====== MATERIAL FOR THIS TASK ======
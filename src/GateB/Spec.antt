-- ===== src/GateB/Spec.antt =====
-- scripts/gate_b.py: the role contracts, the specification that Gate R reads, the lint of the
-- constitution, the analysis of the specification, and the gate. The roles are those of a profile, each
-- value as `str` gives it. The results of `validate_intake` and `validate_profile` are arguments.
use ao_operator.Base.{
  ℕ, ◌+◌, Bool, true, false, not, ◌&&◌, List, [], ◌∷◌, ◌++◌, if◌then◌else◌, all, any, map, filter,
}
use ao_operator.Base.Empty.{is_empty}
use ao_operator.Text.{mem, first_of_each, Text, codes, teq, contains, starts_with, strip, is_space}
use ao_operator.Dict.{Dict, set}
use ao_operator.GateB.Paths.{concrete_path, render_slug}
use ao_operator.GateB.Slices.{RawSlice, NormalSlice, Partition, validate_partition_slices}

pub record Role : Type 0 where
  pub id : Text
  pub reads : List Text
  pub writes : List Text
  pub skills : List Text
  pub is_mutator : Bool

unfoldable pub role_contract : Text → Role → Role
unfolding render_slug
role_contract slug r = record r {
  reads = map (render_slug slug) r.reads;
  writes = map (render_slug slug) r.writes;
}

abbrev pub role_contracts : Text → List Role → List Role
role_contracts slug roles = map (role_contract slug) roles

pub record SpecRole : Type 0 where
  pub role : Role
  pub role_artifact : Text
  pub allowed_artifacts : List Text

-- `run-artifacts/<slug>/roles/<id>.md`
unfoldable pub role_artifact_of : Text → Text → Text
role_artifact_of slug id =
    codes "run-artifacts/" ++ (slug ++ (codes "/roles/" ++ (id ++ codes ".md")))

unfoldable pub spec_role : Text → Role → SpecRole
unfolding role_contract role_artifact_of concrete_path first_of_each
spec_role slug r =
    let declared = role_contract slug r in
    let artifact = role_artifact_of slug r.id in
    record {
      role = declared;
      role_artifact = artifact;
      allowed_artifacts =
          first_of_each []
            (artifact ∷ filter (λ t. not (is_empty t)) (map concrete_path declared.writes));
    }

pub record Spec : Type 0 where
  pub role_artifacts : Dict Text
  pub roles : List SpecRole
  pub partition_slices : List NormalSlice

unfoldable pub artifacts_from : Text → Dict Text → List Role → Dict Text
unfolding role_artifact_of set
artifacts_from slug d [] = d
artifacts_from slug d (r ∷ roles) =
    artifacts_from slug (set r.id (role_artifact_of slug r.id) d) roles

unfoldable pub spec_contract : Text → List Role → Partition → Spec
unfolding spec_role artifacts_from
spec_contract slug roles partition = record {
  role_artifacts = artifacts_from slug [] roles;
  roles = map (spec_role slug) roles;
  partition_slices = partition.slices;
}

pub record Requirement : Type 0 where
  pub id : Text
  pub text : Text

pub data AnalyzeError : Type 0 where
  no_requirements roles_empty : AnalyzeError
  requirement_id requirement_text id_required duplicate_id writes_type artifact_required
        allowed_type allowed_missing :
      ℕ → AnalyzeError
  ears_prefix rfc_keyword : Text → AnalyzeError

abbrev pub error_if : Bool → AnalyzeError → List AnalyzeError
error_if true e = e ∷ []
error_if false e = []

abbrev pub constitution_contract : List Requirement
constitution_contract =
    record {
      id = codes "GB-SHALL-001";
      text =
          codes
            "WHEN AO Operator receives intake artifacts, Gate B SHALL validate classification, shape, acceptance criteria, constraints, sensitive fields, trigger hints, and scoped slices before role dispatch.";
    }
    ∷ record {
      id = codes "GB-SHALL-002";
      text =
          codes
            "WHEN a profile is selected, Gate B SHALL validate role reads, writes, skills, dependencies, and policy posture before role dispatch.";
    }
    ∷ record {
      id = codes "GR-SHALL-001";
      text =
          codes
            "WHEN role execution completes, Gate R SHALL compare role artifacts against the Gate B role contract before closure is trusted.";
    }
    ∷ record {
      id = codes "GR-SHALL-002";
      text =
          codes
            "IF a role reports an artifact outside its declared Gate B writes, Gate R MUST fail closure with the drift path named.";
    }
    ∷ []

unfoldable pub requirement_errors : ℕ → Requirement → List AnalyzeError
unfolding strip is_space starts_with contains
requirement_errors index r =
    let text = strip is_space r.text in
    error_if (is_empty r.id) (requirement_id index)
    ++ (if is_empty text
        then requirement_text index ∷ []
        else error_if
            (not (
              any (λ p. starts_with p text)
                (codes "WHEN" ∷ codes "IF" ∷ codes "WHILE" ∷ codes "WHERE" ∷ codes "GIVEN" ∷ [])))
            (ears_prefix r.id)
          ++ error_if
              (not (
                any (λ t. contains t text)
                  (codes "MUST"
                    ∷ codes "MUST NOT"
                    ∷ codes "SHALL"
                    ∷ codes "SHALL NOT"
                    ∷ codes "SHOULD"
                    ∷ codes "SHOULD NOT"
                    ∷ [])))
              (rfc_keyword r.id))

unfoldable pub requirements_errors : ℕ → List Requirement → List AnalyzeError
unfolding requirement_errors
requirements_errors index [] = []
requirements_errors index (r ∷ rs) =
    requirement_errors index r ++ requirements_errors (index + 1) rs

unfoldable pub lint_constitution : List Requirement → List AnalyzeError
unfolding requirements_errors
lint_constitution [] = no_requirements ∷ []
lint_constitution (r ∷ rs) = requirements_errors 1 (r ∷ rs)

-- `_list_str` on a list of texts
abbrev pub list_str : List Text → Bool
list_str l = all (λ t. not (is_empty t)) l

unfoldable pub spec_role_errors : ℕ → List Text → SpecRole → List AnalyzeError
unfolding teq
spec_role_errors index seen s =
    if is_empty s.role.id
    then id_required index ∷ []
    else error_if (mem s.role.id seen) (duplicate_id index)
      ++ (error_if (not (list_str s.role.writes)) (writes_type index)
          ++ (error_if (is_empty s.role_artifact) (artifact_required index)
              ++ (if not (list_str s.allowed_artifacts)
                  then allowed_type index ∷ []
                  else error_if (not (mem s.role_artifact s.allowed_artifacts))
                      (allowed_missing index))))

unfoldable pub spec_roles_errors : ℕ → List Text → List SpecRole → List AnalyzeError
unfolding spec_role_errors
spec_roles_errors index seen [] = []
spec_roles_errors index seen (s ∷ roles) =
    spec_role_errors index seen s
    ++ spec_roles_errors (index + 1) (if is_empty s.role.id then seen else s.role.id ∷ seen) roles

unfoldable pub spec_kit_analyze : Spec → List Requirement → List AnalyzeError
unfolding lint_constitution spec_roles_errors
spec_kit_analyze spec constitution =
    lint_constitution constitution
    ++ (if is_empty spec.roles then roles_empty ∷ [] else spec_roles_errors 1 [] spec.roles)

pub record Report : Type 0 where
  pub spec : Spec
  pub partition : Partition
  pub analyze_errors : List AnalyzeError
  pub passes : Bool

unfoldable pub run_gate : Text → List Text → List Text → List Role → List RawSlice → Report
unfolding validate_partition_slices spec_contract spec_kit_analyze
run_gate slug intake_errors profile_errors profile_roles raw_slices =
    let partition = validate_partition_slices slug raw_slices in
    let spec = spec_contract slug (role_contracts slug profile_roles) partition in
    let analyze = spec_kit_analyze spec constitution_contract in
    record {
      spec = spec;
      partition = partition;
      analyze_errors = analyze;
      passes =
          is_empty intake_errors
          && (is_empty profile_errors && (is_empty analyze && is_empty partition.errors));
    }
======
[WHAT TO PRODUCE] Could you output each line above exactly as it was given?

[ANSWER TO THIS EXERCISE]
filename src/GateB/Spec.antt
-- ===== src/GateB/Spec.antt =====
-- scripts/gate_b.py: the role contracts, the specification that Gate R reads, the lint of the
-- constitution, the analysis of the specification, and the gate. The roles are those of a profile, each
-- value as `str` gives it. The results of `validate_intake` and `validate_profile` are arguments.
use ao_operator.Base.{
  ℕ, ◌+◌, Bool, true, false, not, ◌&&◌, List, [], ◌∷◌, ◌++◌, if◌then◌else◌, all, any, map, filter,
}
use ao_operator.Base.Empty.{is_empty}
use ao_operator.Text.{mem, first_of_each, Text, codes, teq, contains, starts_with, strip, is_space}
use ao_operator.Dict.{Dict, set}
use ao_operator.GateB.Paths.{concrete_path, render_slug}
use ao_operator.GateB.Slices.{RawSlice, NormalSlice, Partition, validate_partition_slices}

pub record Role : Type 0 where
  pub id : Text
  pub reads : List Text
  pub writes : List Text
  pub skills : List Text
  pub is_mutator : Bool

unfoldable pub role_contract : Text → Role → Role
unfolding render_slug
role_contract slug r = record r {
  reads = map (render_slug slug) r.reads;
  writes = map (render_slug slug) r.writes;
}

abbrev pub role_contracts : Text → List Role → List Role
role_contracts slug roles = map (role_contract slug) roles

pub record SpecRole : Type 0 where
  pub role : Role
  pub role_artifact : Text
  pub allowed_artifacts : List Text

-- `run-artifacts/<slug>/roles/<id>.md`
unfoldable pub role_artifact_of : Text → Text → Text
role_artifact_of slug id =
    codes "run-artifacts/" ++ (slug ++ (codes "/roles/" ++ (id ++ codes ".md")))

unfoldable pub spec_role : Text → Role → SpecRole
unfolding role_contract role_artifact_of concrete_path first_of_each
spec_role slug r =
    let declared = role_contract slug r in
    let artifact = role_artifact_of slug r.id in
    record {
      role = declared;
      role_artifact = artifact;
      allowed_artifacts =
          first_of_each []
            (artifact ∷ filter (λ t. not (is_empty t)) (map concrete_path declared.writes));
    }

pub record Spec : Type 0 where
  pub role_artifacts : Dict Text
  pub roles : List SpecRole
  pub partition_slices : List NormalSlice

unfoldable pub artifacts_from : Text → Dict Text → List Role → Dict Text
unfolding role_artifact_of set
artifacts_from slug d [] = d
artifacts_from slug d (r ∷ roles) =
    artifacts_from slug (set r.id (role_artifact_of slug r.id) d) roles

unfoldable pub spec_contract : Text → List Role → Partition → Spec
unfolding spec_role artifacts_from
spec_contract slug roles partition = record {
  role_artifacts = artifacts_from slug [] roles;
  roles = map (spec_role slug) roles;
  partition_slices = partition.slices;
}

pub record Requirement : Type 0 where
  pub id : Text
  pub text : Text

pub data AnalyzeError : Type 0 where
  no_requirements roles_empty : AnalyzeError
  requirement_id requirement_text id_required duplicate_id writes_type artifact_required
        allowed_type allowed_missing :
      ℕ → AnalyzeError
  ears_prefix rfc_keyword : Text → AnalyzeError

abbrev pub error_if : Bool → AnalyzeError → List AnalyzeError
error_if true e = e ∷ []
error_if false e = []

abbrev pub constitution_contract : List Requirement
constitution_contract =
    record {
      id = codes "GB-SHALL-001";
      text =
          codes
            "WHEN AO Operator receives intake artifacts, Gate B SHALL validate classification, shape, acceptance criteria, constraints, sensitive fields, trigger hints, and scoped slices before role dispatch.";
    }
    ∷ record {
      id = codes "GB-SHALL-002";
      text =
          codes
            "WHEN a profile is selected, Gate B SHALL validate role reads, writes, skills, dependencies, and policy posture before role dispatch.";
    }
    ∷ record {
      id = codes "GR-SHALL-001";
      text =
          codes
            "WHEN role execution completes, Gate R SHALL compare role artifacts against the Gate B role contract before closure is trusted.";
    }
    ∷ record {
      id = codes "GR-SHALL-002";
      text =
          codes
            "IF a role reports an artifact outside its declared Gate B writes, Gate R MUST fail closure with the drift path named.";
    }
    ∷ []

unfoldable pub requirement_errors : ℕ → Requirement → List AnalyzeError
unfolding strip is_space starts_with contains
requirement_errors index r =
    let text = strip is_space r.text in
    error_if (is_empty r.id) (requirement_id index)
    ++ (if is_empty text
        then requirement_text index ∷ []
        else error_if
            (not (
              any (λ p. starts_with p text)
                (codes "WHEN" ∷ codes "IF" ∷ codes "WHILE" ∷ codes "WHERE" ∷ codes "GIVEN" ∷ [])))
            (ears_prefix r.id)
          ++ error_if
              (not (
                any (λ t. contains t text)
                  (codes "MUST"
                    ∷ codes "MUST NOT"
                    ∷ codes "SHALL"
                    ∷ codes "SHALL NOT"
                    ∷ codes "SHOULD"
                    ∷ codes "SHOULD NOT"
                    ∷ [])))
              (rfc_keyword r.id))

unfoldable pub requirements_errors : ℕ → List Requirement → List AnalyzeError
unfolding requirement_errors
requirements_errors index [] = []
requirements_errors index (r ∷ rs) =
    requirement_errors index r ++ requirements_errors (index + 1) rs

unfoldable pub lint_constitution : List Requirement → List AnalyzeError
unfolding requirements_errors
lint_constitution [] = no_requirements ∷ []
lint_constitution (r ∷ rs) = requirements_errors 1 (r ∷ rs)

-- `_list_str` on a list of texts
abbrev pub list_str : List Text → Bool
list_str l = all (λ t. not (is_empty t)) l

unfoldable pub spec_role_errors : ℕ → List Text → SpecRole → List AnalyzeError
unfolding teq
spec_role_errors index seen s =
    if is_empty s.role.id
    then id_required index ∷ []
    else error_if (mem s.role.id seen) (duplicate_id index)
      ++ (error_if (not (list_str s.role.writes)) (writes_type index)
          ++ (error_if (is_empty s.role_artifact) (artifact_required index)
              ++ (if not (list_str s.allowed_artifacts)
                  then allowed_type index ∷ []
                  else error_if (not (mem s.role_artifact s.allowed_artifacts))
                      (allowed_missing index))))

unfoldable pub spec_roles_errors : ℕ → List Text → List SpecRole → List AnalyzeError
unfolding spec_role_errors
spec_roles_errors index seen [] = []
spec_roles_errors index seen (s ∷ roles) =
    spec_role_errors index seen s
    ++ spec_roles_errors (index + 1) (if is_empty s.role.id then seen else s.role.id ∷ seen) roles

unfoldable pub spec_kit_analyze : Spec → List Requirement → List AnalyzeError
unfolding lint_constitution spec_roles_errors
spec_kit_analyze spec constitution =
    lint_constitution constitution
    ++ (if is_empty spec.roles then roles_empty ∷ [] else spec_roles_errors 1 [] spec.roles)

pub record Report : Type 0 where
  pub spec : Spec
  pub partition : Partition
  pub analyze_errors : List AnalyzeError
  pub passes : Bool

unfoldable pub run_gate : Text → List Text → List Text → List Role → List RawSlice → Report
unfolding validate_partition_slices spec_contract spec_kit_analyze
run_gate slug intake_errors profile_errors profile_roles raw_slices =
    let partition = validate_partition_slices slug raw_slices in
    let spec = spec_contract slug (role_contracts slug profile_roles) partition in
    let analyze = spec_kit_analyze spec constitution_contract in
    record {
      spec = spec;
      partition = partition;
      analyze_errors = analyze;
      passes =
          is_empty intake_errors
          && (is_empty profile_errors && (is_empty analyze && is_empty partition.errors));
    }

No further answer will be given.